START TASK INPUT

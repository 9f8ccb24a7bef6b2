-- ===== src/Postgres.antt =====
-- internal/store/postgres: the store over an SQL database.
pub mod Sql
pub mod Scans
pub mod Tables
pub mod Stored
pub mod Scanned
pub mod ReadBack
pub mod Unreadable
pub mod Lookups
pub mod Calls
pub mod Bootstrap
pub mod Contacts
pub mod Threads
pub mod Messages
pub mod Receipts
pub mod Suppressions
pub mod Deliveries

END TASK INPUT

● YOUR OBJECTIVE: Copy all of the entries above exactly as shown.

● SOLUTION TO THIS EXERCISE:
repository 9f8ccb24a7bef6b2
-- ===== src/Postgres.antt =====
-- internal/store/postgres: the store over an SQL database.
pub mod Sql
pub mod Scans
pub mod Tables
pub mod Stored
pub mod Scanned
pub mod ReadBack
pub mod Unreadable
pub mod Lookups
pub mod Calls
pub mod Bootstrap
pub mod Contacts
pub mod Threads
pub mod Messages
pub mod Receipts
pub mod Suppressions
pub mod Deliveries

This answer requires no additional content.